W przeciwieństwie do sagi Skywalkerów oraz kinowych spin-offów, „The Mandalorian” ma niespieszne, spokojne tempo. Pod względem konstrukcji fabularnej pierwsze osiem odcinków, które trafiły do bibloteki Disney+ w ubiegłym roku, przywodziły na myśl rasowy western — pojawił się tu nawet odpowiednik naszego ziemskiego Indianina — a kolejny rozdział tej opowieści to pogłębia.
„The Mandalorian” niczym „Wiedźmin”
Analogia zaproponowana w zeszłym roku przez Asię Tracewicz zaświdrowała mi w głowie w połowie seansu pilota 2. serii, gdy na drodze bohatera pojawiła się kolejna maszkara. Chociaż poruszamy się po odległej galaktyce pełnej mieczy świetlnych, blasterów i obcych, to tak naprawdę scenariusz jest zbliżony do tego, co kilka dekad temu zaserwował nam Andrzej Sapkowski.

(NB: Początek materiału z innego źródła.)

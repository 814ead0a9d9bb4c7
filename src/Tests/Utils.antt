-- ===== src/Tests/Utils.antt =====
-- src/utils: the theorems at a path and a component with every kind of byte.
use coro_test.Common.{All, List, refl, ◌≡◌, [], ◌∷◌, Bytes, arith, codes}
use coro_test.Utils.UrlEncode.{url_encode, url_decode, url_encode_component, url_decode_component}
use coro_test.Utils.UrlEncode.RoundTrip.{
  url_decode_component-url_encode_component, url_decode-url_encode,
}
use coro_test.Utils.StringBuffer.{new_buffer}
use coro_test.Utils.StringBuffer.Runs.{
  Operation, appends, consumes, extracts, Agrees, operate_all, expect, expect_all,
  string_buffer-Agrees,
}
use coro_test.Utils.UrlEncode.{decode_impl, decode_plain, decode_escaped, escape, hex_val}
use coro_test.Utils.UrlEncode.Slashes.{
  HasNoSlash, received, protect, join_path, url_decode-join_path,
}

-- "a/+", a blank and a byte beyond ASCII
abbrev text : Bytes
text = 97 ∷ 47 ∷ 43 ∷ 32 ∷ 200 ∷ []

url_decode_component-url_encode_component_example :
    url_decode_component (url_encode_component text) ≡ text
url_decode_component-url_encode_component_example =
    url_decode_component-url_encode_component text
      (omega arith, (omega arith, (omega arith, (omega arith, (omega arith, tt)))))

url_decode-url_encode_example : url_decode (url_encode text) ≡ text
url_decode-url_encode_example =
    url_decode-url_encode text
      (omega arith, (omega arith, (omega arith, (omega arith, (omega arith, tt)))))

url_decode-join_path_example :
    (url_decode (codes "a%2F..%2fb/%41") ≡ codes "a%2F..%2Fb/A")
    × All HasNoSlash (codes "a%2F..%2Fb" ∷ codes "A" ∷ [])
unfolding join_path received protect decode_impl decode_plain decode_escaped escape hex_val
url_decode-join_path_example = url_decode-join_path (codes "a%2F..%2fb") (codes "%41" ∷ []) (
  (refl, (refl, (refl, (refl, (refl, (refl, (refl, (refl, (refl, (refl, tt)))))))))),
  ((refl, (refl, (refl, tt))), tt),
)

-- A write, a read of a part, a write that compacts, and an extraction.
abbrev operations : List Operation
operations =
    appends 4 (1 ∷ 2 ∷ 3 ∷ [])
    ∷ consumes 2
    ∷ appends 3 (4 ∷ 5 ∷ [])
    ∷ extracts
    ∷ appends 2 (6 ∷ [])
    ∷ []

string_buffer-Agrees_example : Agrees (operate_all operations new_buffer) (expect_all operations [])
unfolding expect
string_buffer-Agrees_example =
    string_buffer-Agrees operations
      (omega arith, (omega arith, (omega arith, (tt, (omega arith, tt)))))
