-- ===== src/Websocket/Frame.antt =====
-- extensions/websocket/src/WsConnection.cc: the frames that `sendFrame`, `send` and `shutdown` write.
use coro_test.Common.{
  ℕ, zero, suc, ◌*◌, ◌/◌, ◌%◌, ◌^◌, [], ◌∷◌, ◌++◌, Bytes, Bool, true, false, bit_and, bit_or,
  bit_xor, length, ltb, get_or, if◌then◌else◌,
}

pub data Role : Type 0 where
  server client : Role

pub data WsMessageType : Type 0 where
  text binary : WsMessageType

-- `Opcode`
abbrev pub continuation_opcode : ℕ
continuation_opcode = 0x0

abbrev pub text_opcode : ℕ
text_opcode = 0x1

abbrev pub binary_opcode : ℕ
binary_opcode = 0x2

abbrev pub close_opcode : ℕ
close_opcode = 0x8

abbrev pub ping_opcode : ℕ
ping_opcode = 0x9

abbrev pub pong_opcode : ℕ
pong_opcode = 0xa

-- `mask` of `sendFrame`
abbrev pub masks : Role → Bool
masks client = true
masks server = false

-- `for (int i = n - 1; i >= 0; --i)`: the low `n` bytes of a number, the highest first.
unfoldable pub length_bytes : ℕ → ℕ → Bytes
length_bytes zero len = []
length_bytes (suc i) len = len / 2 ^ (i * 8) % 256 ∷ length_bytes i len

-- The first two bytes, and the length where it needs more.
unfoldable pub head_bytes : Role → ℕ → ℕ → Bytes
head_bytes role opcode len =
    let mask_bit = (if masks role then 0x80 else 0x00) in
    bit_or 0x80 opcode
    ∷ (if ltb len 126
        then bit_or mask_bit len ∷ []
        else if ltb len 65536
        then bit_or mask_bit 126 ∷ length_bytes 2 len
        else bit_or mask_bit 127 ∷ length_bytes 8 len)

-- `maskKey` from what `std::rand` returned
unfoldable pub mask_key : ℕ → Bytes
mask_key rand =
    let r = rand % 2 ^ 32 in
    bit_and r 0xff
    ∷ bit_and (r / 2 ^ 8) 0xff
    ∷ bit_and (r / 2 ^ 16) 0xff
    ∷ bit_and (r / 2 ^ 24) 0xff
    ∷ []

-- `bytes[i] ^ maskKey[i % 4]` from the index `i` on
unfoldable pub mask_from : Bytes → ℕ → Bytes → Bytes
mask_from key i [] = []
mask_from key i (b ∷ bytes) = bit_xor b (get_or key (i % 4) 0) ∷ mask_from key (suc i) bytes

-- What `sendFrame` writes to the stream.
unfoldable pub frame_bytes : Role → ℕ → ℕ → Bytes → Bytes
frame_bytes role rand opcode bytes =
    let key = mask_key rand in
    head_bytes role opcode (length bytes)
    ++ (if masks role then key ++ mask_from key 0 bytes else bytes)

-- The opcode that `send` chooses.
unfoldable pub message_opcode : WsMessageType → ℕ
message_opcode binary = binary_opcode
message_opcode text = text_opcode

-- The payload of the frame that `shutdown` sends.
unfoldable pub close_payload : ℕ → Bytes → Bytes
close_payload code reason = let c = code % 2 ^ 16 in c / 2 ^ 8 % 256 ∷ c % 256 ∷ reason
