-- ===== src/Websocket/Connection.antt =====
-- extensions/websocket/src/WsConnection.cc: `WsConnection`, with the stream it owns. The input arrives in
-- pieces, the output is what was written so far. `std::rand` is the function from the number of the call
-- to its result, and `room` is the size of the longest string that the allocator can give. After a throw
-- in the middle of a frame, `incoming` is what it was before the frame.
use coro_test.Common.{
  ℕ, zero, suc, ◌+◌, ◌*◌, ◌%◌, ◌^◌, [], ◌∷◌, ◌++◌, Bytes, Bool, true, false, not, Option, none,
  some, bit_and, bit_or, length, ltb, ◌==◌, get_or, if◌then◌else◌,
}
use coro_test.Common.Error.{Result, ok, err, ◌>>=◌, ◌>>◌, throw_if}
use coro_test.Io.{Pieces, flat}
use coro_test.Io.Exact.{read_exact}
use coro_test.Websocket.Frame.{
  Role, server, client, WsMessageType, text, binary, binary_opcode, continuation_opcode,
  close_opcode, ping_opcode, pong_opcode, masks, mask_from, frame_bytes, message_opcode,
  close_payload,
}

pub data WsFault : Type 0 where
  connection_closed masking_violation length_error out_of_bounds out_of_fuel : WsFault

pub record Host : Type 0 where
  pub rand : ℕ → ℕ
  pub room : ℕ

pub record WsConnection : Type 0 where
  pub role : Role
  pub incoming : Pieces
  pub sent : Bytes
  pub is_shut : Bool
  pub rand_calls : ℕ

pub record WsMessage : Type 0 where
  pub type : WsMessageType
  pub payload : Bytes

abbrev pub Outcome : Type 0
Outcome = Result WsFault (Option WsMessage) × WsConnection

unfoldable pub send_frame : Host → WsConnection → ℕ → Bytes → WsConnection
send_frame host c opcode bytes = record {
  role = c.role;
  incoming = c.incoming;
  sent = c.sent ++ frame_bytes c.role (host.rand c.rand_calls) opcode bytes;
  is_shut = c.is_shut;
  rand_calls = if masks c.role then suc c.rand_calls else c.rand_calls;
}

unfoldable pub send : Host → WsConnection → Bytes → WsMessageType → WsConnection
send host c bytes type = send_frame host c (message_opcode type) bytes

unfoldable pub shutdown : Host → WsConnection → ℕ → Bytes → WsConnection
shutdown host c code reason = send_frame host c close_opcode (close_payload code reason)

-- `stream_->shutdown()`
abbrev pub shut : WsConnection → WsConnection
shut c = record {
  role = c.role;
  incoming = c.incoming;
  sent = c.sent;
  is_shut = true;
  rand_calls = c.rand_calls;
}

abbrev pub with_incoming : WsConnection → Pieces → WsConnection
with_incoming c pieces = record {
  role = c.role;
  incoming = pieces;
  sent = c.sent;
  is_shut = c.is_shut;
  rand_calls = c.rand_calls;
}

-- The file's own `readExact`.
unfoldable pub read_or_throw : ℕ → Pieces → Result WsFault (Bytes × Pieces)
read_or_throw len pieces = elim (read_exact len pieces) [
  | none ↦ err connection_closed
  | some got ↦ ok got
]

pub record WsHead : Type 0 where
  pub fin : Bool
  pub opcode : ℕ
  pub masked : Bool
  pub payload_len : ℕ

-- `payloadLen = (payloadLen << 8) | ext[i]`, on 64 bits
unfoldable pub length_loop : ℕ → Bytes → ℕ
length_loop payload_len [] = payload_len
length_loop payload_len (e ∷ ext) = length_loop (bit_or (payload_len * 2 ^ 8 % 2 ^ 64) e) ext

unfoldable pub read_length : ℕ → Pieces → Result WsFault (ℕ × Pieces)
read_length payload_len pieces =
    if payload_len == 126
    then (read_or_throw 2 pieces >>= λ (ext, rest).
        ok (bit_or (get_or ext 0 0 * 2 ^ 8) (get_or ext 1 0), rest))
    else if payload_len == 127
    then (read_or_throw 8 pieces >>= λ (ext, rest). ok (length_loop 0 ext, rest))
    else ok (payload_len, pieces)

unfoldable pub read_head : Pieces → Result WsFault (WsHead × Pieces)
read_head pieces = read_or_throw 2 pieces >>= λ (header, rest).
    read_length (bit_and (get_or header 1 0) 0x7f) rest >>= λ (payload_len, rest'). ok (
      record {
        fin = not (bit_and (get_or header 0 0) 0x80 == 0);
        opcode = bit_and (get_or header 0 0) 0x0f;
        masked = not (bit_and (get_or header 1 0) 0x80 == 0);
        payload_len = payload_len;
      },
      rest',
    )

-- The key and the payload. `payload.resize` takes a sum of 64 bits, and the read is as long as the
-- frame says.
unfoldable pub read_body : Host → Bool → ℕ → ℕ → Pieces → Result WsFault (Bytes × Pieces)
read_body host masked offset payload_len pieces =
    let resized = (offset + payload_len) % 2 ^ 64 in
    (if masked then read_or_throw 4 pieces else ok (0 ∷ 0 ∷ 0 ∷ 0 ∷ [], pieces)) >>= λ (key, rest).
    throw_if (ltb host.room resized) length_error
    >> (throw_if (ltb resized (offset + payload_len)) out_of_bounds
        >> (read_or_throw payload_len rest >>= λ (bytes, rest').
            ok ((if masked then mask_from key 0 bytes else bytes), rest')))

-- One round of the loop: the answer, or the connection, the payload and the opcode for the next.
pub data Round : Type 0 where
  returns : Outcome → Round
  again : WsConnection → Bytes → ℕ → Round

unfoldable pub dispatch : Host → WsConnection → Bytes → ℕ → WsHead → Bytes → Round
dispatch host c payload final_opcode head bytes =
    let opcode' = (if head.opcode == continuation_opcode then final_opcode else head.opcode) in
    if head.opcode == ping_opcode
    then again (send_frame host c pong_opcode bytes) payload final_opcode
    else if head.opcode == close_opcode
    then returns (ok none, c)
    else if head.fin
    then returns (
      ok (
          some (record {
            type = if opcode' == binary_opcode then binary else text;
            payload = payload ++ bytes;
          })),
      c,
    )
    else again c (payload ++ bytes) opcode'

abbrev pub is_server : Role → Bool
is_server server = true
is_server client = false

abbrev pub differs : Bool → Bool → Bool
differs true b = not b
differs false b = b

-- The rest of a round once the payload, or before it the head, is read.
unfoldable pub with_body :
    Host → WsConnection → Bytes → ℕ → WsHead → Result WsFault (Bytes × Pieces) → Round
with_body host c payload final_opcode head (err e) = returns (err e, c)
with_body host c payload final_opcode head (ok (bytes, rest)) =
    dispatch host (with_incoming c rest) payload final_opcode head bytes

unfoldable pub with_head :
    Host → WsConnection → Bytes → ℕ → Result WsFault (WsHead × Pieces) → Round
with_head host c payload final_opcode (err e) = returns (err e, c)
with_head host c payload final_opcode (ok (head, rest)) =
    if differs head.masked (is_server c.role)
    then returns (
      err masking_violation,
      shut (send_frame host (with_incoming c rest) close_opcode (0x03 ∷ 0xea ∷ [])),
    )
    else with_body host c payload final_opcode head
        (read_body host head.masked (length payload) head.payload_len rest)

unfoldable pub receive_round : Host → WsConnection → Bytes → ℕ → Round
receive_round host c payload final_opcode =
    with_head host c payload final_opcode (read_head c.incoming)

unfoldable pub receive_loop : ℕ → Host → WsConnection → Bytes → ℕ → Outcome
receive_loop zero host c payload final_opcode = (err out_of_fuel, c)
receive_loop (suc fuel) host c payload final_opcode =
    elim (receive_round host c payload final_opcode) [
      | returns outcome ↦ outcome
      | again c' payload' final_opcode' ↦ receive_loop fuel host c' payload' final_opcode'
    ]

-- `receive`. A round takes two bytes at least, so that one round a byte and one more are enough.
unfoldable pub receive : Host → WsConnection → Outcome
receive host c = receive_loop (suc (length (flat c.incoming))) host c [] continuation_opcode
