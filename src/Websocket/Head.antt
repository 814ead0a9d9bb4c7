-- ===== src/Websocket/Head.antt =====
-- What `receive` reads of a frame that `sendFrame` wrote: the head, the key and the payload.
use coro_test.Common.{
  ℕ, zero, suc, ◌*◌, ◌/◌, ◌%◌, ◌^◌, ◌≤◌, ◌<◌, ◌≡◌, refl, ap, sym, subst, ◌∙◌, [], ◌∷◌, ◌++◌, Bytes,
  true, false, not, bit_and, bit_or, length, ltb, ◌==◌, get_or, if◌then◌else◌, arith, inl, inr,
  Bool-cases, append_assoc, ltb→lt,
}
use native.Mathlib.Nat.{div-div-eq-div-mul}
use coro_test.Common.Error.{Result, ok, ◌>>=◌}
use coro_test.Common.Bitwise.{and_ones, or_shifted}
use coro_test.Common.Bits.{top_bit}
use coro_test.Common.Order.{two_pow-pos, two_pow_eight}
use coro_test.Io.{Pieces, flat, IsOpen}
use coro_test.Io.Exact.{read_exact_prefix}
use coro_test.Websocket.Frame.{Role, server, client, masks, length_bytes, head_bytes}
use coro_test.Websocket.Connection.{
  WsFault, WsHead, read_or_throw, length_loop, read_length, read_head,
}

-- A read of the bytes that the stream begins with.
pub read_or_throw_prefix :
    (pieces : Pieces) (wanted more : Bytes)
    → IsOpen pieces
    → flat pieces ≡ wanted ++ more
    → (rest : Pieces) × (read_or_throw (length wanted) pieces ≡ ok (wanted, rest))
      × (flat rest ≡ more)
      × IsOpen rest
unfolding read_or_throw
read_or_throw_prefix pieces wanted more op e =
    let (rest, q, left, op') = read_exact_prefix pieces wanted more op e in
    (rest, rw (q, read_or_throw) refl, left, op')

-- A byte behind a number that is the quotient by 256.
length_step :
    (high q : ℕ) → high ≡ q / 256 → q < 2 ^ 64 → bit_or (high * 2 ^ 8 % 2 ^ 64) (q % 256) ≡ q
length_step high q e small =
    let kept : high * 2 ^ 8 % 2 ^ 64 ≡ high * 2 ^ 8 = omega arith in
    rw kept (or_shifted 8 high (q % 256) (omega arith) ∙ omega arith)

next_quotient : (len i : ℕ) → len / 2 ^ (suc i * 8) ≡ len / 2 ^ (i * 8) / 256
next_quotient len i =
    let product : 2 ^ (suc i * 8) ≡ 2 ^ (i * 8) * 256 =
      ap (λ (n : ℕ). 2 ^ n) (omega arith) ∙ two_pow_eight (i * 8) ∙ omega arith in
    rw product (sym (div-div-eq-div-mul len (2 ^ (i * 8)) 256))

quotient_le : (len d : ℕ) → 0 < d → len / d ≤ len
quotient_le len d pos = grind arith

length_loop-length_bytes :
    (i len : ℕ) → len < 2 ^ 64 → length_loop (len / 2 ^ (i * 8)) (length_bytes i len) ≡ len
unfolding length_loop length_bytes
length_loop-length_bytes zero len small = omega arith
length_loop-length_bytes (suc i) len small =
    let q = len / 2 ^ (i * 8) in
    let below : q < 2 ^ 64 =
      omega (arith, quotient_le len (2 ^ (i * 8)) (two_pow-pos (i * 8)), small) in
    let step = length_step (len / 2 ^ (suc i * 8)) q (next_quotient len i) below in
    rw (length_loop, step) (length_loop-length_bytes i len small)

length-length_bytes : (i len : ℕ) → length (length_bytes i len) ≡ i
unfolding length_bytes
length-length_bytes zero len = refl
length-length_bytes (suc i) len = ap suc (length-length_bytes i len)

-- The length field with what follows it.
abbrev long_bytes : ℕ → Bytes
long_bytes len =
    if ltb len 126 then [] else if ltb len 65536 then length_bytes 2 len else length_bytes 8 len

abbrev short_len : ℕ → ℕ
short_len len = if ltb len 126 then len else if ltb len 65536 then 126 else 127

-- The outcome of `read_length` on a stream that begins with the length field.
abbrev ReadsLength : ℕ → ℕ → Pieces → Bytes → Type 0
ReadsLength form len pieces more =
    (rest : Pieces) × (read_length form pieces ≡ ok (len, rest)) × (flat rest ≡ more) × IsOpen rest

two-ReadsLength :
    (len : ℕ) (pieces : Pieces) (more : Bytes)
    → len < 65536
    → IsOpen pieces
    → flat pieces ≡ length_bytes 2 len ++ more
    → ReadsLength 126 len pieces more
unfolding read_length length_bytes
two-ReadsLength len pieces more small op e =
    let (rest, q, left, op') = read_or_throw_prefix pieces (length_bytes 2 len) more op e in
    let value : bit_or (len / 256 % 256 * 2 ^ 8) (len / 1 % 256) ≡ len =
      or_shifted 8 (len / 256 % 256) (len / 1 % 256) (omega arith) ∙ omega arith in
    (
      rest,
      ap
            (λ (r : Result WsFault (Bytes × Pieces)).
              r >>= λ (ext, rest). ok (bit_or (get_or ext 0 0 * 2 ^ 8) (get_or ext 1 0), rest))
            q
          ∙ ap (λ (n : ℕ). ok (n, rest)) value,
      left,
      op',
    )

eight-ReadsLength :
    (len : ℕ) (pieces : Pieces) (more : Bytes)
    → len < 2 ^ 64
    → IsOpen pieces
    → flat pieces ≡ length_bytes 8 len ++ more
    → ReadsLength 127 len pieces more
unfolding read_length
eight-ReadsLength len pieces more small op e =
    let (rest, q, left, op') = read_or_throw_prefix pieces (length_bytes 8 len) more op e in
    let nothing : len / 2 ^ 64 ≡ 0 = omega arith in
    let value : length_loop 0 (length_bytes 8 len) ≡ len =
      subst (λ (high : ℕ). length_loop high (length_bytes 8 len) ≡ len) nothing
        (length_loop-length_bytes 8 len small) in
    let q' =
      subst (λ (n : ℕ). read_or_throw n pieces ≡ ok (length_bytes 8 len, rest))
        (length-length_bytes 8 len) q in
    (
      rest,
      ap
            (λ (r : Result WsFault (Bytes × Pieces)).
              r >>= λ (ext, rest). ok (length_loop 0 ext, rest))
            q'
          ∙ ap (λ (n : ℕ). ok (n, rest)) value,
      left,
      op',
    )

none-ReadsLength :
    (len : ℕ) (pieces : Pieces) (more : Bytes)
    → len < 126
    → IsOpen pieces
    → flat pieces ≡ more
    → ReadsLength len len pieces more
unfolding read_length
none-ReadsLength len pieces more small op e =
    let neither : (len == 126) ≡ false = ground arith in
    let nor : (len == 127) ≡ false = ground arith in (pieces, rw (neither, nor) refl, e, op)

read_length_lem :
    (len : ℕ) (pieces : Pieces) (more : Bytes)
    → len < 2 ^ 64
    → IsOpen pieces
    → flat pieces ≡ long_bytes len ++ more
    → ReadsLength (short_len len) len pieces more
read_length_lem len pieces more small op = elim (Bool-cases (ltb len 126)) [
  | inl short ↦ rw short (λ e. none-ReadsLength len pieces more (ltb→lt len 126 short) op e)
  | inr long ↦ elim (Bool-cases (ltb len 65536)) [
    | inl two ↦ rw (long, two) (λ e. two-ReadsLength len pieces more (ltb→lt len 65536 two) op e)
    | inr eight ↦ rw (long, eight) (λ e. eight-ReadsLength len pieces more small op e)
  ]
]

-- The head of a frame.
abbrev pub head_of : Role → ℕ → ℕ → WsHead
head_of role opcode len = record {
  fin = true;
  opcode = opcode;
  masked = masks role;
  payload_len = len;
}

-- The fields of the first two bytes.
low_opcode : (opcode : ℕ) → opcode < 16 → bit_and (bit_or 0x80 opcode) 0x0f ≡ opcode
low_opcode opcode small =
    and_ones 4 (bit_or 0x80 opcode) ∙ omega (arith, or_shifted 7 1 opcode (omega arith))

high_bit : (low : ℕ) → low < 128 → (bit_and (bit_or 0x80 low) 0x80 == 0) ≡ false
high_bit low small = ground (
  arith,
  top_bit (bit_or 0x80 low) (omega (arith, or_shifted 7 1 low small)),
  or_shifted 7 1 low small,
)

mask_bit :
    (role : Role) (low : ℕ)
    → low < 128
    → not (bit_and (bit_or (if masks role then 0x80 else 0x00) low) 0x80 == 0) ≡ masks role
mask_bit server low small = ground (
  arith,
  top_bit (bit_or 0 low) (omega (arith, or_shifted 7 0 low small)),
  or_shifted 7 0 low small,
)
mask_bit client low small = ap not (high_bit low small)

low_length :
    (role : Role) (low : ℕ)
    → low < 128
    → bit_and (bit_or (if masks role then 0x80 else 0x00) low) 0x7f ≡ low
low_length server low small = and_ones 7 (bit_or 0 low) ∙ omega (arith, or_shifted 7 0 low small)
low_length client low small = and_ones 7 (bit_or 0x80 low) ∙ omega (arith, or_shifted 7 1 low small)

short_len-small : (len : ℕ) → short_len len < 128
short_len-small len = ground arith

head_bytes-split :
    (role : Role) (opcode len : ℕ)
    → head_bytes role opcode len
      ≡ (bit_or 0x80 opcode ∷ bit_or (if masks role then 0x80 else 0x00) (short_len len) ∷ [])
        ++ long_bytes len
unfolding head_bytes
head_bytes-split role opcode len = elim (Bool-cases (ltb len 126)) [
  | inl short ↦ rw short refl
  | inr long ↦ elim (Bool-cases (ltb len 65536)) [
    | inl two ↦ rw (long, two) refl
    | inr eight ↦ rw (long, eight) refl
  ]
]

pub read_head_lem :
    (role : Role) (opcode len : ℕ) (pieces : Pieces) (more : Bytes)
    → opcode < 16
    → len < 2 ^ 64
    → IsOpen pieces
    → flat pieces ≡ head_bytes role opcode len ++ more
    → (rest : Pieces) × (read_head pieces ≡ ok (head_of role opcode len, rest))
      × (flat rest ≡ more)
      × IsOpen rest
unfolding read_head
read_head_lem role opcode len pieces more small fits op e =
    let two =
      bit_or 0x80 opcode ∷ bit_or (if masks role then 0x80 else 0x00) (short_len len) ∷ [] in
    let e' =
      e
      ∙ ap (λ (b : Bytes). b ++ more) (head_bytes-split role opcode len)
      ∙ append_assoc two (long_bytes len) more in
    let (rest, q, left, op') = read_or_throw_prefix pieces two (long_bytes len ++ more) op e' in
    let (rest', q', left', op'') = read_length_lem len rest more fits op' left in
    let first = low_opcode opcode small in
    let second = high_bit opcode (omega arith) in
    let third = mask_bit role (short_len len) (short_len-small len) in
    let fourth = low_length role (short_len len) (short_len-small len) in
    (rest', rw (q, read_head) (rw (fourth, q') (rw (first, second, third) refl)), left', op'')
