-- ===== src/Fetch.antt =====
-- Provider requests in pipeline/update.py: one call with retries, offset pages, adaptive date ranges.
pub mod Page
pub mod One
pub mod Attempts
pub mod Offset
pub mod Adaptive
pub mod Kept
pub mod Coverage
pub mod Complete
mod Tests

Jak spojrzeć na to z boku, to główny bohater „The Mandalorian” jest szkolonym od dziecka wojownikiem do wynajęcia, który walczy z potworami. Jego życie zmienia się diametralnie, gdy na jego drodze pojawia się młode dziecko obdarzone zdolnościami, które pozwalają na przenoszenie obiektów siłą woli oraz leczenie ran. Jakby nie patrzeć, to wypisz-wymaluj Geralt z Rivii.
Ta historia zdecydowanie wpisuje się w uniwersum „Gwiezdnych wojen” wykreowane przez George’a Lucasa.
Nie można zapominać, że twórca „Star Wars” inspirował się Akirą Kurosawą, a pierwowzorem Jedi byli samuraje. Z tego powodu przyrównanie Mandalorianina do kowboja albo wiedźmina jest na miejscu, chociaż mówimy tu o uniwersum, w którym na porządku dziennym są podróże międzygwiezdne, a bohaterowie strzelają wiązkami światła i duszą innych z użyciem tajemniczej Mocy.
Pewne motywy są, tak po prostu, uniwersalne, a ta cała otoczka science-fiction to przecież tylko tło. Poszukiwania, które prowadzi Din Djarin to tak naprawdę opowieść o honorze oraz lojalności wobec plemienia, co może być silniejsze niż więzy krwi. Co go czeka na końcu tej drogi? I czy to w ogóle ważne? Tego nie wiem, ale na pewno chcę jego podróż obserwować.
Rozczarował mnie jedynie powrót na Tatooine.
Chociaż bohaterowie na każdym kroku podkreślają, że ta pustynna planeta, na której wychowywał się Luke Skywalker, to prawdziwe zadupie galaktyki, ale jakimś cudem ciągle trafiają albo tam, albo na globy wyglądające niczym jej kopia (Jakku, Navarro). Wolałbym, gdyby Din Djarin w 2. sezonie odwiedził albo zupełnie nowy świat, albo taki, który nie był zbyt wyeksploatowany.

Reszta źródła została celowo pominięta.